FOLLOWING AN INTRODUCTION ON GENERAL CARBOHYDRATE NOMENCLATURE, this chapter provides an overview of the structure and chemistry of monosaccharides, focusing on their stereochemical features. The generation of complex carbohydrate structures from their monosaccharide constituents is described, pointing to the importance of the glycosidic linkage, including its position and configuration (anomericity). The final section of the chapter introduces CarbBank, a computer program that facilitates the search of the CCSD, a database of carbohydrate sequences.

Nomenclature

Suggested as a name more than 100 years ago without knowledge of detailed structure, carbohydrate is not an exact term. It applies to a very large number of materials and includes a wide spectrum of chemical structures. Originally referring to those naturally occurring substances that have a composition according to the formula (C•H₂O)_n, the meaning of the term carbohydrate today is far more general than “carbon•hydrates” and includes any substance that satisfies this criterion and many derived substances.

In general, carbohydrates contain a number of monosaccharides linked together as oligomers or polymers. The latter are referred to as oligosaccharides, polysaccharides, or, more generically, saccharides, sugar chains, or glycans. The term saccharide (derived from the Greek sakchar, meaning sugar or sweetness) is related to the characteristic taste of many of the mono- and disaccharides. Monosaccharides are the major, but not the only, components of glycans. The relationship of monosaccharides to complex carbohydrates is similar to the relationship between amino acids and proteins or between nucleotides and nucleic acids. The monosaccharide residues within complex carbohydrates may contain noncarbohydrate moieties, such as phosphate and sulfate groups.

The term glycoconjugate is often used to describe any macromolecule that contains a (mono)saccharide covalently linked to another building block of nature, such as an amino acid (peptide) or a lipid. Complex carbohydrates occur in such glycoconjugates as glycoproteins, glycolipids, and proteoglycans. The prefix glyco- or the suffix -saccharide or -glycan in those terms indicates the presence of monosaccharide constituents.
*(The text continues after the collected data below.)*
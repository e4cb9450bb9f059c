-- ===== src/BlockKeepers.antt =====
-- node/src/block_keeper_system/mod.rs and bk_set.rs: the set of block keepers, and how the changes in
-- a block's common section update it.
mod Examples
pub mod Keys
pub mod Members
pub mod Nodes
use ackinacki.Checkpoints.{is_empty}
use ackinacki.Common.Assoc.{remove, get, contains_key, insert, Assoc}
use ackinacki.Types.{SignerIndex, NodeIdentifier}
use ackinacki.Common.{
  nat_eq, ◌+◌, map, contains, if◌then◌else◌, length, arith, ℕ, Option, List, Bool, some, none, ◌∷◌,
  [],
}

pub data BlockKeeperStatus : Type 0 where
  pre_epoch active called_to_finish expired : BlockKeeperStatus

-- The amount, the addresses and the keys are opaque to the functions below.
pub record BlockKeeperData (PubKey : Type 0) : Type 0 where
  pub pubkey : PubKey
  pub epoch_finish_seq_no : Option ℕ
  pub status : BlockKeeperStatus
  pub address : ℕ
  pub stake : ℕ
  pub owner_address : NodeIdentifier
  pub signer_index : SignerIndex
  pub owner_pubkey : ℕ

pub data BlockKeeperSetChange (PubKey : Type 0) : Type 0 where
  block_keeper_added : SignerIndex → BlockKeeperData PubKey → BlockKeeperSetChange PubKey
  block_keeper_removed : SignerIndex → BlockKeeperData PubKey → BlockKeeperSetChange PubKey
  future_block_keeper_added : SignerIndex → BlockKeeperData PubKey → BlockKeeperSetChange PubKey

pub record BlockKeeperSet (PubKey : Type 0) : Type 0 where
  pub by_signer : Assoc SignerIndex (BlockKeeperData PubKey)
  pub signer_to_pubkey : Assoc SignerIndex PubKey
  pub signer_by_node_id : Assoc NodeIdentifier SignerIndex

module _ {PubKey : Type 0} where
  pub node_id : BlockKeeperData PubKey → NodeIdentifier
  node_id keeper = keeper.owner_address

  pub new_bk_set : BlockKeeperSet PubKey
  new_bk_set = record { by_signer = []; signer_to_pubkey = []; signer_by_node_id = [] }

  unfoldable pub bk_set_len : BlockKeeperSet PubKey → ℕ
  bk_set_len s = length s.by_signer

  pub insert_keeper :
      BlockKeeperSet PubKey → SignerIndex → BlockKeeperData PubKey → BlockKeeperSet PubKey
  unfolding node_id
  insert_keeper s signer_index keeper = record {
    signer_to_pubkey = insert signer_index keeper.pubkey s.signer_to_pubkey;
    by_signer = insert signer_index keeper s.by_signer;
    signer_by_node_id = insert (node_id keeper) signer_index s.signer_by_node_id;
  }

  pub contains_signer : BlockKeeperSet PubKey → SignerIndex → Bool
  contains_signer s signer_index = contains_key signer_index s.by_signer

  pub get_by_signer : BlockKeeperSet PubKey → SignerIndex → Option (BlockKeeperData PubKey)
  get_by_signer s signer_index = get signer_index s.by_signer

  pub get_by_node_id : BlockKeeperSet PubKey → NodeIdentifier → Option (BlockKeeperData PubKey)
  get_by_node_id s n = elim (get n s.signer_by_node_id) [
    | none ↦ none
    | some signer ↦ get signer s.by_signer
  ]

  -- The sum is a `BigUint`.
  pub undistributed : Assoc SignerIndex (BlockKeeperData PubKey) → List SignerIndex → ℕ
  undistributed [] attested_signers = 0
  undistributed ((signer, keeper) ∷ rest) attested_signers =
      let others = undistributed rest attested_signers in
      if contains signer attested_signers then others else keeper.stake + others

  pub get_undistributed_stake : BlockKeeperSet PubKey → List SignerIndex → ℕ
  unfolding undistributed
  get_undistributed_stake s attested_signers = undistributed s.by_signer attested_signers

  -- The keys of a `BTreeMap`; the order in which they come is that of the association list.
  unfoldable pub iter_node_ids : BlockKeeperSet PubKey → List NodeIdentifier
  iter_node_ids s = map (λ entry. entry.0) s.signer_by_node_id

  pub remove_signer :
      BlockKeeperSet PubKey → SignerIndex → BlockKeeperSet PubKey × Option (BlockKeeperData PubKey)
  unfolding node_id
  remove_signer s signer_index =
      let removed = get signer_index s.by_signer in
      (
        record {
          by_signer = remove signer_index s.by_signer;
          signer_to_pubkey = remove signer_index s.signer_to_pubkey;
          signer_by_node_id = elim removed [
            | none ↦ s.signer_by_node_id
            | some keeper ↦ remove (node_id keeper) s.signer_by_node_id
          ];
        },
        removed,
      )

  -- The three loops of `update_block_keeper_set_from_common_section`.
  pub apply_removed :
      List (BlockKeeperSetChange PubKey) → BlockKeeperSet PubKey → BlockKeeperSet PubKey
  apply_removed [] s = s
  apply_removed (block_keeper_removed i keeper ∷ changes) s =
      apply_removed changes (remove_signer s i).0
  apply_removed (block_keeper_added i keeper ∷ changes) s = apply_removed changes s
  apply_removed (future_block_keeper_added i keeper ∷ changes) s = apply_removed changes s

  pub apply_added :
      List (BlockKeeperSetChange PubKey)
      → BlockKeeperSet PubKey
      → BlockKeeperSet PubKey
      → BlockKeeperSet PubKey × BlockKeeperSet PubKey
  apply_added [] s future = (s, future)
  apply_added (block_keeper_added i keeper ∷ changes) s future =
      apply_added changes (insert_keeper s i keeper)
        (if contains_signer future i then (remove_signer future i).0 else future)
  apply_added (block_keeper_removed i keeper ∷ changes) s future = apply_added changes s future
  apply_added (future_block_keeper_added i keeper ∷ changes) s future = apply_added changes s future

  pub apply_future :
      List (BlockKeeperSetChange PubKey) → BlockKeeperSet PubKey → BlockKeeperSet PubKey
  apply_future [] future = future
  apply_future (future_block_keeper_added i keeper ∷ changes) future =
      apply_future changes (insert_keeper future i keeper)
  apply_future (block_keeper_added i keeper ∷ changes) future = apply_future changes future
  apply_future (block_keeper_removed i keeper ∷ changes) future = apply_future changes future

  -- `none` when the block changes nothing.
  pub update_block_keeper_set_from_common_section :
      List (BlockKeeperSetChange PubKey)
      → BlockKeeperSet PubKey
      → BlockKeeperSet PubKey
      → Option (BlockKeeperSet PubKey × BlockKeeperSet PubKey)
  update_block_keeper_set_from_common_section changes current future =
      if is_empty changes
      then none
      else (let (next, next_future) = apply_added changes (apply_removed changes current) future in
          some (next, apply_future changes next_future))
Thus, the major classes of biological macromolecules may be designated as nucleic acids, proteins, (complex) carbohydrates (including glycoconjugates), and lipids.

The designation “complex” is an even less exact term than carbohydrate. A carbohydrate is often termed complex if it contains more than one type of monosaccharide building unit. Thus, the glucose-polymer cellulose would be a “simple” carbohydrate, whereas a galactomannan polysaccharide is an example of a complex carbohydrate. (However, so-called simple glycans, such as cellulose and starch, may have very complex molecular structures in three dimensions.) In the description of glycoprotein N-glycans (see Chapter 7), complex is used more specifically as a synonym for N-acetyllactosamine-containing chains, implying that high-mannose chains are characterized by a simpler monosaccharide composition. Finally, the term complex carbohydrates includes glycoconjugates, whereas the term carbohydrates per se would not. Additional nomenclature issues will be covered in the various sections of this chapter. For more detailed information on the topics covered in this chapter, see References 1–6.

Monosaccharides: Basic Structures and Stereoisomerism

Our understanding of carbohydrate structure has its origins in the latter part of the nineteenth century with the pioneering studies of Emil Fischer, who was the first to establish the structure of several of the monosaccharides. From a chemical standpoint, monosaccharides can be described as polyhydroxy aldehydes, polyhydroxy ketones, and derivatives thereof. All simple monosaccharides have the general empirical formula (CH₂O)_n, where n is an integer number ranging from 3 to 9. Regardless of the number of carbon atoms, all monosaccharides can be grouped into one of two general classes: aldoses or ketoses. (The -ose ending is characteristic in carbohydrate nomenclature.) Aldoses contain a functional aldehyde group (–CH=O), whereas ketoses contain a functional ketone group (C=O). Subclasses are then distinguished based on the number of carbon atoms according to the following terms: aldotriose, ketotriose, aldotetrose, ketotetrose, and so on.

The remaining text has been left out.